Other changes have been the new freedom to express enumerations in namespaces and with values of variables associated with each of the distinct enumerated values. For example in Rust we could have a declaration of an enumeration as enum IpAddrKind { V4, V6, }
enum IpAddrKind { V4, V6, } where V4 and V6 are the names of the distinct values defined beforehand or with the option of their own name spaces:
We can create instances of each of the two variants of IpAddrKind like this:
let four = IpAddrKind::V4;
let six = IpAddrKind::V6;Note that the variants of the enum are namespaced under its identifier, a double colon separates the two. The reason this is useful is that now both values IpAddrKind::V4 and IpAddrKind::V6 are of the same type: IpAddrKind. We can then, for instance, define a function that takes any IpAddrKind:
fn route(ip_kind: IpAddrKind) {}
And we can call this function with either variant:
route(IpAddrKind::V4);
route(IpAddrKind::V6);Furthermore variables can be associated with the distinct values
enum IpAddr {
V4(String),
V6(String),
}
let home = IpAddr::V4(String::from("127.0.0.1"));
let loopback = IpAddr::V6(String::from("::1"));Data can be attached to each variant of the enum directly, so there is no need for an extra struct(ure) and transliteration errors. Here it’s also easier to see another detail of how enums work: the name of each enum variant that we define also becomes a function that constructs an instance of the enum. That is, IpAddr::V4() is a function call that takes a String argument and returns an instance of the IpAddr type. We automatically get this constructor function defined as a result of defining the enum.
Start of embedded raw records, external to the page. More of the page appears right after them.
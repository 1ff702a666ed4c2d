-- ===== src/Extent/Inode/Resize.antt =====
-- What is written to a file is read back, also where the file gains or loses blocks.
use cse_2014_undergrad.Prelude.{
  ℕ, suc, ◌-◌, ◌^◌, ◌<◌, ◌≤◌, true, false, some, ◌≡◌, refl, sym, ap, ◌∙◌, arith, ltb, ◌==◌,
  Bool-cases, inl, inr, ◌⊎◌,
}
use cse_2014_undergrad.Extent.Block.{block_size, inode_num, Block, BlockManager}
use cse_2014_undergrad.Extent.Block.Place.{IsBytes}
use cse_2014_undergrad.Extent.Block.Bitmap.{IsFormatted}
use cse_2014_undergrad.Extent.Block.Room.{IsRoom}
use cse_2014_undergrad.Extent.Inode.{ndirect, Inode, ceil}
use cse_2014_undergrad.Extent.Inode.Table.{
  inode_of, inode_of-IsInode, get_inode_used, read_block-lt,
}
use cse_2014_undergrad.Extent.Inode.File.{Open, open_file, bytes_from, read_file, write_file}
use cse_2014_undergrad.Extent.Inode.Head.{
  IsOwned, with_head, with_head-ne, with_head-at, with_head-IsRoom, with_head-IsBytes,
  with_head-IsOwned, write_file_shrunk, write_file_grown,
}
use cse_2014_undergrad.Extent.Inode.Shrunk.{
  shrunk_disk, shrunk_inode, write_shrunk_lem, shrunk-IsStored, shrunk-kept,
}
use cse_2014_undergrad.Extent.Inode.Grown.{
  grown_disk, grown_inode, grown, write_grown_lem, grown-IsStored,
}
use cse_2014_undergrad.Extent.Inode.Gains.{grown-kept}
use cse_2014_undergrad.Extent.Inode.Stored.{read_stored}
use cse_2014_undergrad.Extent.Inode.Storage.{write_read}

pub compare_cases : (a b : ℕ) → (a ≡ b) ⊎ ((a < b) ⊎ (b < a))
compare_cases a b = elim (Bool-cases (a == b)) [
  | inl y ↦ inl (ground (arith, y))
  | inr y ↦ inr (elim (Bool-cases (ltb a b)) [
    | inl z ↦ inl (ground (arith, z))
    | inr z ↦ inr (ground (arith, y, z))
  ])
]

module _ (stack stack' : Block) (cur cur' : ℕ) (bm : BlockManager) (inum : ℕ) (content : Block)
    (size : ℕ) (f : IsFormatted bm) (b : IsBytes bm.disk) (h : inum < inode_num)
    (t : (Inode.type (inode_of bm inum) == 0) ≡ false)
    (o : IsOwned bm (open_file stack bm (inode_of bm inum))) (c : cur < 2 ^ 32)
    (s : size < 2 ^ 32) where
  read_shrunk :
      ceil size block_size < ceil (Inode.size (inode_of bm inum)) block_size
      → (read_file stack' cur' (write_file stack cur bm inum content size) inum).0
        ≡ some (bytes_from content 0 size)
  unfolding open_file
  read_shrunk l =
      let ino = inode_of bm inum in
      let g = open_file stack bm ino in
      let bc = ceil ino.size block_size in
      let bc_new = ceil size block_size in
      let mid = with_head bc_new bm g content in
      let most : bc_new ≤ bc = omega (arith, l) in
      let below : (k : ℕ) → k < bc_new → k < bc = λ k q. omega (arith, l) in
      let kept = shrunk-kept stack mid g size o.layout l in
      ap (λ m. (read_file stack' cur' m inum).0)
        (write_file_shrunk stack cur bm inum ino content size
            (get_inode_used stack bm inum ino f.blocks h refl t) t l
          ∙ write_shrunk_lem stack cur mid inum g size bc bc_new)
      ∙ read_stored stack stack' cur' (shrunk_disk stack mid g bc bc_new) inum
          (record { ino = shrunk_inode stack cur mid g size bc bc_new; ind = g.ind }) content
          (kept.1 ∙ f.blocks) h (ap (λ x. x == 0) kept.0 ∙ t)
          (shrunk-IsStored stack cur mid g size content o.layout (inode_of-IsInode bm inum b) c s l
            (λ k j m q. with_head-at bc_new bm g content k j o.layout most m q)
            (λ m j q.
              let z : ltb ndirect bc ≡ true = ground arith in
              ap (λ d. d j)
                (with_head-ne bc_new bm g content (ino.blocks ndirect)
                  (λ k l. o.layout.last_apart k m (below k l)))
              ∙ rw z (
                  sym (
                    read_block-lt bm.disk (ino.blocks ndirect) stack j (o.layout.last_placed m).1
                      q))))

  read_grown :
      ((p : ℕ) → content p < 256)
      → ceil size block_size ≤ 160
      → ceil (Inode.size (inode_of bm inum)) block_size < ceil size block_size
      → IsRoom
          (suc (ceil size block_size - ceil (Inode.size (inode_of bm inum)) block_size))
          bm.disk
      → (read_file stack' cur' (write_file stack cur bm inum content size) inum).0
        ≡ some (bytes_from content 0 size)
  unfolding open_file
  read_grown p few l r =
      let ino = inode_of bm inum in
      let g = open_file stack bm ino in
      let bc = ceil ino.size block_size in
      let bc_new = ceil size block_size in
      let mid = with_head bc bm g content in
      let bytes = with_head-IsBytes bc bm g content b p in
      let room = with_head-IsRoom bc bm g content (suc (bc_new - bc)) o.layout (omega arith) r in
      let own = with_head-IsOwned bc bm g content (omega arith) o in
      let fm : IsFormatted mid = record { blocks = f.blocks; inodes = f.inodes } in
      let kept = grown-kept stack mid g size content fm bytes room own p l in
      ap (λ m. (read_file stack' cur' m inum).0)
        (write_file_grown stack cur bm inum ino content size
            (get_inode_used stack bm inum ino f.blocks h refl t) t l
          ∙ write_grown_lem stack cur mid inum g size bc bc_new content)
      ∙ read_stored stack stack' cur' (grown_disk stack mid g bc bc_new content) inum
          (record {
            ino = grown_inode stack cur mid g size bc bc_new content;
            ind = Open.ind (grown stack mid g bc bc_new content).1;
          })
          content (kept.1 ∙ f.blocks) h (ap (λ x. x == 0) kept.0 ∙ t)
          (grown-IsStored stack cur mid g size content fm bytes room own
            (inode_of-IsInode bm inum b) p c s l few
            (λ k j m q. with_head-at bc bm g content k j o.layout (omega arith) m q))

-- On a disk with the superblock of the constructor, a file in use owns its blocks: they are data blocks
-- that all differ and that the bitmap has in use, its block of addresses too if it needs one, and else it
-- has none. It is written with contents of at most 160 blocks, more, fewer or as many as it has; where it
-- gets more, as many blocks are free, and one for addresses. The time and the size fit 32 bits. Then a read
-- gives these contents back.
pub read_file-write_file :
    (stack stack' : Block) (cur cur' : ℕ) (bm : BlockManager) (inum : ℕ) (content : Block)
    (size : ℕ)
    → IsFormatted bm
    → IsBytes bm.disk
    → ((p : ℕ) → content p < 256)
    → inum < inode_num
    → (Inode.type (inode_of bm inum) == 0) ≡ false
    → IsOwned bm (open_file stack bm (inode_of bm inum))
    → (ceil (Inode.size (inode_of bm inum)) block_size < ceil size block_size
        → IsRoom
            (suc (ceil size block_size - ceil (Inode.size (inode_of bm inum)) block_size))
            bm.disk)
    → ceil size block_size ≤ 160
    → cur < 2 ^ 32
    → size < 2 ^ 32
    → (read_file stack' cur' (write_file stack cur bm inum content size) inum).0
      ≡ some (bytes_from content 0 size)
read_file-write_file stack stack' cur cur' bm inum content size f b p h t o r few c s =
    elim (compare_cases (ceil size block_size) (ceil (Inode.size (inode_of bm inum)) block_size)) [
      | inl e ↦ write_read stack stack' cur cur' bm inum content size f.blocks b h t o.layout e c s
      | inr (inl l) ↦ read_shrunk stack stack' cur cur' bm inum content size f b h t o c s l
      | inr (inr l) ↦
          read_grown stack stack' cur cur' bm inum content size f b h t o c s p few l (r l)
    ]
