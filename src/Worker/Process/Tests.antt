-- ===== src/Worker/Process/Tests.antt =====
-- Concrete messages, and the theorems on them.
use deploy_hub.Prelude.{ℕ, String, count, ◌≡◌, refl, true, false, inr, none, some, [], ◌∷◌}
use deploy_hub.Action.{exception, ok}
use deploy_hub.Action.Counts.{Counts}
use deploy_hub.Text.{truthy}
use deploy_hub.Schema.{State, queued, running, Deployment, select_deployment}
use deploy_hub.Worker.Builder.Samples.{test_registry}
use deploy_hub.Worker.World.{World, Message, absent}
use deploy_hub.Worker.StateMachine.{Attempt, get_deployment}
use deploy_hub.Json.{obj}
use deploy_hub.Worker.Queue.{ack_message}
use deploy_hub.Worker.Process.{Answers, Request, build, process_message, parse_message}
use deploy_hub.Worker.Process.Jobs.{is_job}
use deploy_hub.Worker.Process.Settled.{tally, is_ack, process_message-Counts}
use deploy_hub.Worker.Process.Branches.{OnlyAcked}
use deploy_hub.Worker.Process.Fates.{Fated, process_message-Fated}
use deploy_hub.Worker.Process.Redelivered.{Names, process_message-OnlyAcked}

abbrev dep : String → State → Deployment
dep k s = record {
  deployment_id = k;
  project_id = "p1";
  repo_url = "https://github.com/acme/shop.git";
  image_uri = "reg/shipzen-builds/p1:d1";
  replicas = 1;
  port = 8080;
  health_check_path = "/";
  state = s;
  updated_at = 1;
  last_error = none;
}

abbrev start : World
start = record {
  deployments = dep "d1" queued ∷ dep "d2" running ∷ [];
  builds = [];
  conn = absent;
  issued = [];
}

abbrev calm_attempts : ℕ → Attempt
calm_attempts n = record {
  liveness = none;
  connect = none;
  execute = none;
  publish = none;
  now = 7;
}

abbrev calm : Answers
calm = record {
  fetch = calm_attempts;
  rollback_update = calm_attempts;
  failed_update = calm_attempts;
  makedirs = none;
  clone = none;
  files = "Dockerfile" ∷ [];
  config = ok none;
  config_update = none;
  package_json = ok (record { scripts = []; deps = [] });
  ecr_client = none;
  create_repository = none;
  registry = test_registry;
  create_job = none;
  start = none;
  ack = none;
  dlq_add = none;
  dlq_ack = none;
}

abbrev message : String → Message
message k = record {
  deployment_id = some k;
  repo_url = some "https://github.com/acme/shop.git";
  branch = none;
  image_name = some "reg/shipzen-builds/p1:d1";
  is_rollback = none;
}

abbrev request : String → Request
request k = record {
  deployment_id = k;
  repo_url = "https://github.com/acme/shop.git";
  image_name = "reg/shipzen-builds/p1:d1";
  branch = "main";
  is_rollback = false;
}

process_message-Counts_example :
    Counts (tally (is_ack "1-0")) 1 start (process_message "1-0" (message "d1") calm start)
process_message-Counts_example = process_message-Counts "1-0" (message "d1") calm start

abbrev message-Names : (k : String) → truthy (some k) ≡ true → Names (message k) k
message-Names k h = record {
  repo = "https://github.com/acme/shop.git";
  image = "reg/shipzen-builds/p1:d1";
  deployment_id = refl;
  repo_url = refl;
  image_name = refl;
  id_given = h;
  repo_given = refl;
  image_given = refl;
}

process_message-OnlyAcked_example :
    OnlyAcked "1-0" start (process_message "1-0" (message "d2") calm start).1
process_message-OnlyAcked_example =
    process_message-OnlyAcked "1-0" (message "d2") calm start "d2" (dep "d2" running)
      (message-Names "d2" refl) (unfold select_deployment in refl) (inr (inr refl))

abbrev rollback_message : Message
rollback_message = record (message "d1") { is_rollback = some "true" }

-- git fails.
abbrev no_clone : Answers
no_clone = record calm { clone = some (exception "exit status 128") }

process_message-Fated_example :
    Fated (message "d1") start (process_message "1-0" (message "d1") no_clone start)
process_message-Fated_example = process_message-Fated "1-0" (message "d1") no_clone start

abbrev rollback-Names : Names rollback_message "d1"
rollback-Names = record {
  repo = "https://github.com/acme/shop.git";
  image = "reg/shipzen-builds/p1:d1";
  deployment_id = refl;
  repo_url = refl;
  image_name = refl;
  id_given = refl;
  repo_given = refl;
  image_given = refl;
}

-- Where nothing fails, one job is created.
creates_job : count is_job (process_message "1-0" (message "d1") calm start).1.issued ≡ 1
unfolding process_message parse_message build get_deployment select_deployment obj ack_message
creates_job = refl
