-- ===== src/Worker/Tests.antt =====
-- Concrete runs of the worker, and the theorems at inputs that meet their hypotheses.
use deploy_hub.Prelude.{
  ℕ, suc, ◌<◌, String, ◌≡◌, ◌≢◌, ◌↔◌, refl, Bool, true, false, Option, none, some, List, [], ◌∷◌,
  ◌⊎◌, arith, contains,
}
use deploy_hub.Action.{operational_error, ok}
use deploy_hub.Schema.{State, queued, running, Deployment, select_deployment}
use deploy_hub.Worker.World.{World, Message, absent}
use deploy_hub.Worker.StateMachine.{Attempt, get_deployment}
use deploy_hub.Worker.Queue.{Page, recover_pending_messages}
use deploy_hub.Worker.Queue.Recovery.{last, more, recover-Scan}

abbrev dep : String → State → Deployment
dep k s = record {
  deployment_id = k;
  project_id = "p1";
  repo_url = "https://github.com/acme/shop.git";
  image_uri = "reg/shipzen-builds/p1:d1";
  replicas = 1;
  port = 8080;
  health_check_path = "/";
  state = s;
  updated_at = 1;
  last_error = none;
}

abbrev start : World
start = record {
  deployments = dep "d1" queued ∷ dep "d2" running ∷ [];
  builds = [];
  conn = absent;
  issued = [];
}

-- Every call goes through.
abbrev calm : Attempt
calm = record { liveness = none; connect = none; execute = none; publish = none; now = 7 }

abbrev calm_attempts : ℕ → Attempt
calm_attempts n = calm

-- The database is away in the first attempt.
abbrev dropped_attempts : ℕ → Attempt
dropped_attempts ℕ.zero = record calm { connect = some (operational_error "gone") }
dropped_attempts (suc n) = calm

reads_the_row : (get_deployment "d2" calm_attempts start).0 ≡ ok (some (dep "d2" running))
unfolding get_deployment select_deployment
reads_the_row = refl

abbrev message : Message
message = record {
  deployment_id = some "d1";
  repo_url = some "https://github.com/acme/shop.git";
  branch = none;
  image_name = some "reg/shipzen-builds/p1:d1";
  is_rollback = none;
}

-- Two pages.
abbrev claim : ℕ → String → Page
claim ℕ.zero _ = ok ("5-0", ("1-0", message) ∷ ("2-0", message) ∷ [])
claim (suc n) _ = ok ("0-0", ("5-0", message) ∷ [])

cursor_goes_on : ◌≢◌ {A = String} "5-0" "0-0"
cursor_goes_on = ground (arith, deploy_hub.Prelude.eq_iff "5-0" "0-0")

recover-Scan_example :
    recover_pending_messages claim 9
    ≡ some (ok (("1-0", message) ∷ ("2-0", message) ∷ ("5-0", message) ∷ []))
recover-Scan_example =
    recover-Scan claim 2 9 (("1-0", message) ∷ ("2-0", message) ∷ ("5-0", message) ∷ [])
      (more {page = ("1-0", message) ∷ ("2-0", message) ∷ []} refl cursor_goes_on (last refl))
      (omega arith)

abbrev rust_files : List String
rust_files = "src" ∷ "Cargo.toml" ∷ []
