-- ===== src/Secure/Crypto.antt =====
-- security/Crypto.cpp: the key derivation over the hash of CNG, and what the channel uses of CNG.
pub mod Hkdf
use iran_remote_play.Prelude.{
  ℕ, zero, suc, ◌+◌, ◌-◌, ◌*◌, ◌%◌, Option, [], ◌∷◌, ◌++◌, ◌||◌, if◌then◌else◌, ltb, ◌==◌, take,
}
use iran_remote_play.Prelude.Bytes.{Bytes}

-- The primitives. A call that fails gives `none`; an encryption gives the ciphertext and the tag.
pub record Cng : Type 0 where
  pub hmac_sha256 : Bytes → Bytes → Bytes
  pub agree : Bytes → Bytes → Option Bytes
  pub encrypt : Bytes → Bytes → Bytes → Bytes → Option (Bytes × Bytes)
  pub decrypt : Bytes → Bytes → Bytes → Bytes → Bytes → Option Bytes

module _ (cng : Cng) where
  -- The expansion loop of `hkdfSha256`: block `counter` is the hash of the block before, `info` and
  -- the counter's byte. Every round adds up to 32 bytes, so `out_len` rounds are enough.
  unfoldable pub expand : ℕ → Bytes → Bytes → Bytes → ℕ → ℕ → Bytes
  expand zero prk info t counter missing = []
  expand (suc rounds) prk info t counter missing =
      let block = cng.hmac_sha256 prk (t ++ (info ++ (counter ∷ []))) in
      let rest = expand rounds prk info block ((counter + 1) % 256) (missing - 32) in
      if missing == 0 then [] else take missing (take 32 block) ++ rest

  unfoldable pub hkdf_sha256 : Bytes → Bytes → Bytes → ℕ → Bytes
  hkdf_sha256 ikm salt info out_len =
      if out_len == 0 || ltb (255 * 32) out_len
      then []
      else expand out_len (cng.hmac_sha256 salt ikm) info [] 1 out_len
That’s why I asserted earlier that the baby had been thrown out with the bathwater. The program examples given above are in Rust and taken from The Rust Book which is freely available on the net at
https://doc.rust-lang.org/book/ch06-01-defining-an-enum.html
Some bits of history along the way, first a Paper by Cheryl Lins outlining how enumerations could be ’emulated’ in Oberon programs
The brief Paper by Brian Kirk outlined a scheme for making enumerations extensible, the ideas were first mooted for an extension to Modula-2 in 2009 by B. Kowarsch & R. Sutcliffe. The document shown here is their Copyright.
For practical purposes the Rust language and its excellent documentation, tutorials, forums and development tools is all you need for developing verifiable, reliable and maintainable sequential and concurrent software for modern single and multicore based systems. It is a credit to the Rust Open Source Development Team and Community and also to the Mozilla Corporation who initially sponsored its development and made it widely available at no cost.